The worst possible response to the crisis is to continue to bet on the power of physical development in a context of declining home prices and more expensive credit. Yet some community developers view foreclosed houses as an opportunity to acquire desirable properties that can be redeveloped for more strategic uses. This may be a viable strategy, but only if real-estate values recover quickly. If they do not, and nonprofit developers can’t sell new housing or lease up new commercial space, this strategy amounts to doubling down on physical redevelopment at a time when such a bet seems insupportable. Many real-estate moguls have built their fortunes by making just such a bet, but they have the luxury of not worrying about the cost of their activity. In the case of community developers, such a bet is indicative of an ideological rather than an analytical understanding of markets and their virtues.

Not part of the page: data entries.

-- ===== src/Store/Locks/Orderly.antt =====
-- apps/control-plane/src/store.ts, `MemoryStore`: lemmas on the locks of all repositories.
use guardianbot.Prelude.{
  refl, ℕ, List, includes, filter, ◌≢◌, ◌==◌, map, get_or_else, ◌≡◌, not, ◌++◌, lookup, true, ◌∷◌,
  ◌&&◌, nat_eq, [], arith, ◌||◌, false, Option, none, any, some, ◌∙◌, ap, Bool, Bool-cases, inr,
  inl, sym, subst, beq_of_ne,
}
use guardianbot.Store.Locks.{
  is_handle, Handles, LockCall, lock_step, granted_now, acquires, acquire_lock, releases,
  granted_next, release_lock, hand_over, shift_waiter, Locks, lock_run, no_locks,
}
use guardianbot.Prelude.Keys.{lookup-insert_ne, lookup-delete_ne}
use guardianbot.Store.Locks.Fifo.{
  holders_of, includes-remove, FifoLock, fifo_step, fifo_run, Represents, waiting_for,
  filter-filter_other, fifo_acquire, fifo_release, includes-append, fifo_next, ne_of_nat_beq,
  nat_beq_refl,
}
use guardianbot.Store.Locks.Own.{acquire-Represents, release-Represents}

-- A call on another repository.
module _ (r q : ℕ) (ne : q ≢ r) where
  other_beq : (q == r) ≡ false
  other_beq = beq_of_ne q r ne

  acquire-other :
      (t : ℕ) (s : Handles) (lock : FifoLock)
      → Represents r s lock
      → Represents r (lock_step (acquires q t) s) lock
  unfolding lock_step acquire_lock granted_now holders_of waiting_for
  acquire-other t s lock h = elim (Bool-cases (includes s.locks.held q)) [
    | inl held ↦ rw held (record {
      locked = h.locked;
      held_by = h.held_by;
      waits =
          ap (λ o. get_or_else o [])
            (lookup-insert_ne q r (get_or_else (lookup q s.locks.waiters) [] ++ t ∷ [])
              s.locks.waiters ne)
          ∙ h.waits;
      owned = h.owned;
    })
    | inr free ↦ rw free (record {
      locked = includes-append s.locks.held q r ∙ rw other_beq (or_false _) ∙ h.locked;
      held_by = rw other_beq h.held_by;
      waits = h.waits;
      owned = h.owned;
    })
  ]
    where
      or_false : (b : Bool) → (b || false) ≡ b
      or_false b = ground arith

  dropped : (xs : List ℕ) → includes (filter (λ p. not (p == q)) xs) r ≡ includes xs r
  dropped xs = includes-remove xs q r ∙ rw other_beq (and_true _)
    where
      and_true : (b : Bool) → (b && true) ≡ b
      and_true b = ground arith

  -- The parts of the state that the lock of `r` is read from.
  record SameFor (before after : Locks) : Type 0 where
    same_held : includes after.held r ≡ includes before.held r
    same_line : lookup r after.waiters ≡ lookup r before.waiters

  shift-same :
      (found : Option (List ℕ)) (locks : Locks)
      → SameFor locks (hand_over q (shift_waiter q found locks)).1
  unfolding hand_over shift_waiter
  shift-same none locks = record { same_held = dropped locks.held; same_line = refl }
  shift-same (some []) locks = record {
    same_held = dropped locks.held;
    same_line = lookup-delete_ne q r locks.waiters ne;
  }
  shift-same (some (next ∷ [])) locks = record {
    same_held = refl;
    same_line = lookup-delete_ne q r locks.waiters ne;
  }
  shift-same (some (next ∷ later ∷ rest)) locks = record {
    same_held = refl;
    same_line = lookup-insert_ne q r (later ∷ rest) locks.waiters ne;
  }

  granted_next-other :
      (result : Option ℕ × Locks) (hs : List (ℕ × ℕ)) (s : Handles) (lock : FifoLock)
      → Represents r s lock
      → SameFor s.locks result.1
      → filter (λ h. h.0 == r) hs ≡ filter (λ h. h.0 == r) s.holders
      → Represents r (granted_next q result hs) lock
  unfolding granted_next holders_of waiting_for
  granted_next-other (none, locks) hs s lock h same left = record {
    locked = same.same_held ∙ h.locked;
    held_by = ap (map (λ h. h.1)) left ∙ h.held_by;
    waits = ap (λ o. get_or_else o []) same.same_line ∙ h.waits;
    owned = h.owned;
  }
  granted_next-other (some next, locks) hs s lock h same left = record {
    locked = same.same_held ∙ h.locked;
    held_by = rw other_beq (ap (map (λ h. h.1)) left ∙ h.held_by);
    waits = ap (λ o. get_or_else o []) same.same_line ∙ h.waits;
    owned = h.owned;
  }

  release-other :
      (t : ℕ) (s : Handles) (lock : FifoLock)
      → Represents r s lock
      → Represents r (lock_step (releases q t) s) lock
  unfolding lock_step release_lock
  release-other t s lock h = elim (Bool-cases (any (is_handle q t) s.holders)) [
    | inr gone ↦ rw gone h
    | inl held ↦ rw held (
        granted_next-other (hand_over q (shift_waiter q (lookup q s.locks.waiters) s.locks)) _ s
          lock h (shift-same (lookup q s.locks.waiters) s.locks)
          (filter-filter_other q r t s.holders ne))
  ]

module _ (r : ℕ) where
  lock_step-Represents :
      (call : LockCall) (s : Handles) (lock : FifoLock)
      → Represents r s lock
      → Represents r (lock_step call s) (fifo_step r call lock)
  unfolding fifo_step
  lock_step-Represents (acquires q t) s lock h = elim (Bool-cases (q == r)) [
    | inl same ↦ rw same (
        subst (λ p. Represents r (lock_step (acquires p t) s) (fifo_acquire t lock.owner lock.line))
          (sym ((nat_eq.beq_iff q r).0 same)) (acquire-Represents r t s lock.owner lock.line h))
    | inr differ ↦ rw differ (acquire-other r q (ne_of_nat_beq q r differ) t s lock h)
  ]
  lock_step-Represents (releases q t) s lock h = elim (Bool-cases (q == r)) [
    | inl same ↦ rw same (
        subst (λ p. Represents r (lock_step (releases p t) s) (fifo_release t lock))
          (sym ((nat_eq.beq_iff q r).0 same)) (release-Represents r t s lock h))
    | inr differ ↦ rw differ (release-other r q (ne_of_nat_beq q r differ) t s lock h)
  ]

  lock_run_from-Represents :
      (calls : List LockCall) (s : Handles) (lock : FifoLock)
      → Represents r s lock
      → Represents r (lock_run calls s) (fifo_run r calls lock)
  unfolding lock_run fifo_run
  lock_run_from-Represents [] s lock h = h
  lock_run_from-Represents (call ∷ calls) s lock h =
      lock_run_from-Represents calls _ _ (lock_step-Represents call s lock h)

  -- Through any acquisitions and releases, by any callers and on any repositories, the sets and maps of the
  -- store stand for one lock of each repository that is handed on in the order of arrival: at most one
  -- handle is held, the repository counts as locked exactly while one is, those who wait are in the line,
  -- and nobody waits for a lock that is free.
  pub lock_run-Represents :
      (calls : List LockCall)
      → Represents r
          (lock_run calls no_locks)
          (fifo_run r calls (record { owner = none; line = [] }))
  lock_run-Represents calls = lock_run_from-Represents calls no_locks _ (record {
    locked = refl;
    held_by = unfold holders_of in refl;
    waits = unfold waiting_for in refl;
    owned = (λ e. refl);
  })

-- The calls by which the owner and those who stand in front of a caller release in turn.
abbrev pub in_turn : ℕ → List ℕ → List LockCall
in_turn r = map (λ t. releases r t)

fifo_step-served :
    (r o next : ℕ) (line : List ℕ)
    → fifo_step r (releases r o) (record { owner = some o; line = next ∷ line })
      ≡ record { owner = some next; line = line }
unfolding fifo_step fifo_release fifo_next
fifo_step-served r o next line = rw (nat_beq_refl r, nat_beq_refl o) refl

fifo_run-served :
    (r o next : ℕ) (ahead behind : List ℕ)
    → fifo_run r (in_turn r (o ∷ ahead)) (record { owner = some o; line = ahead ++ next ∷ behind })
      ≡ record { owner = some next; line = behind }
unfolding fifo_run
fifo_run-served r o next [] behind = fifo_step-served r o next behind
fifo_run-served r o next (a ∷ ahead) behind =
    ap (fifo_run r (in_turn r (a ∷ ahead))) (fifo_step-served r o a (ahead ++ next ∷ behind))
    ∙ fifo_run-served r a next ahead behind

-- Nobody waits for ever: a caller in line, whoever came after it, holds the lock alone once the owner and
-- those in front of it have released in turn, and those behind it keep their order.
pub lock_run-served :
    (r o next : ℕ) (ahead behind : List ℕ) (s : Handles)
    → Represents r s (record { owner = some o; line = ahead ++ next ∷ behind })
    → let after = lock_run (in_turn r (o ∷ ahead)) s in
      (holders_of r after ≡ next ∷ []) × (waiting_for r after ≡ behind)
lock_run-served r o next ahead behind s h =
    let served =
      subst (Represents r (lock_run (in_turn r (o ∷ ahead)) s))
        (fifo_run-served r o next ahead behind)
        (lock_run_from-Represents r (in_turn r (o ∷ ahead)) s _ h) in
    (served.held_by, served.waits)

It is time that community developers start looking at their current organizations, practices, and strategy as ill-adapted to emerging conditions. Doing so is not surrendering to pessimism, but recognizing an opportunity. However, realizing the opportunity requires community developers to start reimagining alternative approaches to their work. Funders and investors will likewise have to recognize that the current infrastructure needs to be reworked. Barring a quick recovery in real-estate markets, the work is imperative.
The assumption that physical development is a cure for all ills was a good strategy, but one that made sense in a particular historical moment of cheap credit and a sustained rise in real-estate values. The question is how much the bet on that strategy will limit the ability of community developers to be as adaptable and innovative as they once were.